Archive for the ‘Conductors’ Category

Wednesday Bites the Big One-Liner

Teen scene girl: And that's a whole fucking different story! You always said you wanted to die having a heart attack in a car!

–57th & 3rd

Overheard by: Duluthian

Guy in line: I haven't had a corn dog since Jim Belushi died.

–Nathan's, Coney Island

Creepy guy on cell: Hey. Did you hear about the Craigslist killer? Yeah, isn't that a great idea?

–Penn Station

20-something irritated man on cell: Dude, stop freaking out! They're probably not going to do the autopsy for another three days.

–8th Ave & 15th St

Conductor: Please, no one cross cars, if the train makes a turn you will fall through, get crushed and die, thank you and have a lovely evening. Oh, and it's lovely to be alive.

–Amtrak Train to Penn Station

Overheard by: Paige

It's Always Sunny in Wednesday One-Liner

Swaying hobo with outstretched arms, as it starts to drizzle: I make it rain, I make it rain, I make it rain on you, hoes!

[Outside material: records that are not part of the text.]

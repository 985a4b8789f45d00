-- ===== src/Protobuf/Deserializer/Backward.antt =====
-- A length-delimited unknown field whose length is 2 ^ 63 or more moves the iterator back, since
-- `operator+=` takes a signed count.
use qtgrpc.Prelude.{
  ℕ, zero, suc, ◌+◌, ◌-◌, ◌%◌, ◌^◌, ◌≤◌, ◌<◌, ◌≡◌, refl, ◌∙◌, arith, true, none, some, List, ◌++◌,
  length,
}
use qtgrpc.Protobuf.Iterator.{
  Machine, SelfcheckIterator, address_mod, is_valid, advance, bytes_left, IsContainer, IsInside,
  Holds, Holds-append, bytes_left-IsInside,
}
use qtgrpc.Protobuf.Varint.{serialize_varint_common, deserialize_varint_common}
use qtgrpc.Protobuf.Varint.Encode.{
  serialize_varint_common_shape, length-serialize_varint_common_ten,
}
use qtgrpc.Protobuf.Varint.RoundTrip.{deserialize-serialize_varint_common}
use qtgrpc.Protobuf.Header.{
  length_delimited, is_supported, of_wire_type, encode_header, decode_header,
}
use qtgrpc.Protobuf.Header.RoundTrip.{decode-encode_header, header_of, encode_header_lem}
use qtgrpc.Protobuf.Ordering.{PropertyOrdering, index_of_field_number}
use qtgrpc.Protobuf.Deserializer.Rounds.{next_returns, next_continues}
use qtgrpc.Protobuf.Deserializer.{
  Deserializer, returns, continues, skip_length_delimited, skip_field, skip_value, store_skipped,
  skip_unknown, field_round, loop_goes_on, next_field_index,
}

-- A header of field `f` and a length that leads back to `back` bytes before the header.
abbrev pub backward_field : ℕ → ℕ → List ℕ
backward_field f back =
    let header = encode_header f length_delimited in
    header ++ serialize_varint_common (2 ^ 64 - (length header + 10 + back))

supported : is_supported length_delimited ≡ true
unfolding is_supported
supported = refl

length-encode_header_le :
    (f : ℕ)
    → f < 2 ^ 29
    → (1 ≤ length (encode_header f length_delimited))
      × (length (encode_header f length_delimited) ≤ 10)
unfolding of_wire_type
length-encode_header_le f h =
    let shape = serialize_varint_common_shape (header_of f length_delimited) (omega arith) in
    rw (encode_header_lem f length_delimited h supported) (shape.1, shape.2)

module _ (m : Machine) (ordering : PropertyOrdering) (d : Deserializer) (f back : ℕ)
    (c : IsContainer d.m_it) (s : IsInside d.m_it) (lo : 0 < f) (hi : f < 2 ^ 29)
    (new : index_of_field_number ordering f ≡ none)
    (holds : Holds m d.m_it.it (backward_field f back))
    (room : length (encode_header f length_delimited) + 10 ≤ bytes_left d.m_it)
    (near : back ≤ d.m_it.it - d.m_it.container_begin) (small : back < 2 ^ 62) where
  abbrev moved : Deserializer
  moved = record d {
    m_it = record d.m_it { it = d.m_it.it - back };
    m_wire_type = length_delimited;
  }

  abbrev header_size : ℕ
  header_size = length (encode_header f length_delimited)

  abbrev far : ℕ
  far = 2 ^ 64 - (header_size + 10 + back)

  abbrev behind_header : SelfcheckIterator
  behind_header = record d.m_it { it = d.m_it.it + header_size }

  abbrev at_value : Deserializer
  at_value = record d { m_it = behind_header; m_wire_type = length_delimited }

  far_bounds : (2 ^ 63 ≤ far) × (far < 2 ^ 64)
  far_bounds = omega (arith, length-encode_header_le f hi)

  room_behind : bytes_left behind_header + header_size ≡ bytes_left d.m_it
  unfolding bytes_left
  room_behind = ground (arith, length-encode_header_le f hi)

  read_far :
      deserialize_varint_common m 64 behind_header
      ≡ (some far, record behind_header { it = behind_header.it + 10 })
  read_far =
      let ten = length-serialize_varint_common_ten far far_bounds.0 far_bounds.1 in
      rw ten at (
        deserialize-serialize_varint_common m 64 behind_header far
          (record { ordered = c.ordered; bounded = c.bounded }) (omega arith) far_bounds.1
          (Holds-append m d.m_it.it (encode_header f length_delimited) (serialize_varint_common far)
            holds).1
          (omega (arith, ten, room_behind)))

  skip_length_delimited_back : skip_length_delimited m behind_header ≡ moved.m_it
  unfolding skip_length_delimited advance bytes_left
  skip_length_delimited_back =
      rw (read_far, skip_length_delimited)
        (ground (arith, bytes_left-IsInside d.m_it s, length-encode_header_le f hi))

  read_header :
      decode_header m d.m_it d.m_wire_type
      ≡ record { valid = true; it = behind_header; field_index = f; wire_type = length_delimited }
  read_header =
      decode-encode_header m d.m_it f length_delimited d.m_wire_type c lo hi supported
        (Holds-append m d.m_it.it (encode_header f length_delimited) (serialize_varint_common far)
          holds).0
        (omega arith)

  skip_field_back :
      (fuel : ℕ)
      → skip_field m fuel at_value d.m_it ≡ some ((address_mod - back) % address_mod, moved)
  unfolding skip_field skip_value is_valid
  skip_field_back fuel = rw skip_length_delimited_back (ground arith)

  field_round_back :
      (fuel : ℕ)
      → field_round m fuel ordering d
        ≡ store_skipped m d.m_it f (some ((address_mod - back) % address_mod, moved))
  unfolding field_round skip_unknown
  field_round_back fuel = rw (read_header, new, skip_field_back fuel)

  field_round_earlier :
      0 < back → (fuel : ℕ) → field_round m fuel ordering d ≡ returns (none, moved)
  unfolding store_skipped
  field_round_earlier pos fuel = rw (field_round_back fuel) (ground arith)

field_round_same :
    (m : Machine) (ordering : PropertyOrdering) (d : Deserializer) (f : ℕ)
    → IsContainer d.m_it
    → IsInside d.m_it
    → 0 < f
    → f < 2 ^ 29
    → index_of_field_number ordering f ≡ none
    → Holds m d.m_it.it (backward_field f 0)
    → length (encode_header f length_delimited) + 10 ≤ bytes_left d.m_it
    → (fuel : ℕ)
    → field_round m fuel ordering d ≡ continues (record d { m_wire_type = length_delimited })
unfolding store_skipped
field_round_same m ordering d f c s lo hi new holds room fuel =
    field_round_back m ordering d f 0 c s lo hi new holds room (omega arith) (omega arith) fuel
    ∙ ground arith

-- An unknown length-delimited field whose length leads back to its own header, with the whole field
-- inside the view and the loop not at its end, sends the loop round for ever: `nextFieldIndex` does
-- not return, whatever fuel its loops get.
pub next_field_index_diverges :
    (m : Machine) (ordering : PropertyOrdering) (d : Deserializer) (f : ℕ)
    → IsContainer d.m_it
    → IsInside d.m_it
    → 0 < f
    → f < 2 ^ 29
    → index_of_field_number ordering f ≡ none
    → Holds m d.m_it.it (backward_field f 0)
    → length (encode_header f length_delimited) + 10 ≤ bytes_left d.m_it
    → loop_goes_on d ≡ true
    → (skip_fuel fuel : ℕ) → next_field_index m skip_fuel fuel ordering d ≡ none
next_field_index_diverges m ordering d f c s lo hi new holds room on skip_fuel zero =
    unfold next_field_index in refl
next_field_index_diverges m ordering d f c s lo hi new holds room on skip_fuel (suc fuel) =
    next_continues m skip_fuel fuel ordering d (record d { m_wire_type = length_delimited }) on
      (field_round_same m ordering d f c s lo hi new holds room skip_fuel)
    ∙ next_field_index_diverges m ordering (record d { m_wire_type = length_delimited }) f c s lo hi
        new holds room (unfold loop_goes_on in on) skip_fuel fuel

-- An unknown length-delimited field whose length leads back to some place before its header, with the
-- whole field and that place inside the view and the loop not at its end, makes `nextFieldIndex`
-- return -1: no error is set, and the limit of the message is left in place.
pub next_field_index_gives_up :
    (m : Machine) (ordering : PropertyOrdering) (d : Deserializer) (f back : ℕ)
    → IsContainer d.m_it
    → IsInside d.m_it
    → 0 < f
    → f < 2 ^ 29
    → index_of_field_number ordering f ≡ none
    → Holds m d.m_it.it (backward_field f back)
    → length (encode_header f length_delimited) + 10 ≤ bytes_left d.m_it
    → loop_goes_on d ≡ true
    → 0 < back
    → back ≤ d.m_it.it - d.m_it.container_begin
    → back < 2 ^ 62
    → (skip_fuel fuel : ℕ)
    → next_field_index m skip_fuel (suc fuel) ordering d
      ≡ some (
        none,
        record d { m_it = record d.m_it { it = d.m_it.it - back }; m_wire_type = length_delimited },
      )
next_field_index_gives_up m ordering d f back c s lo hi new holds room on pos near small skip_fuel
      fuel =
    next_returns m skip_fuel fuel ordering d _ on
      (field_round_earlier m ordering d f back c s lo hi new holds room near small pos skip_fuel)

–14th St & University Place

Conductor over PA, on sunny 50-degree day: Due to inclement weather, the 2 and 3 trains will be running on the local track.

–Downtown 1 Train

Overheard by: Ladle

Bag lady: I'm not selling ass, just panhandling. It's too cold.

–9th Ave & 25th St

Really tall dude to no one in particular, very energetically: It's a beautiful day, oh my god! I'm gonna cancel all my appointments and go on a walk!

–2nd & Bedford

Angry stranded guy: And you were all like "it doesn't snow in the city, there are too many cars!"

–Bleecker St

Wednesday One-Liners Want Angelina Jolie to Adopt Them

Large black woman to another: So I said to him, "Muthafucka, don't you know a baby comes out of that shit? Ain't nothing you got down there gonna hurt me!"

–Fulton St

Old man with thick Russian accent: It is fresher than a baby's bottom!

–Ave M & E 16th, Brooklyn

Ghetto black guy on phone: Nah, I was locked up, but I'm out now, and she's tryin' to say it's my baby, but that shit ain't mine.

–Downtown 2 Train

Man on cell, passing adorable child playing with dog: I love fucking babies!

–10th & 53rd

Puerto Rican girl to pregnant friend: You feel like you have to poop, but that's just the baby.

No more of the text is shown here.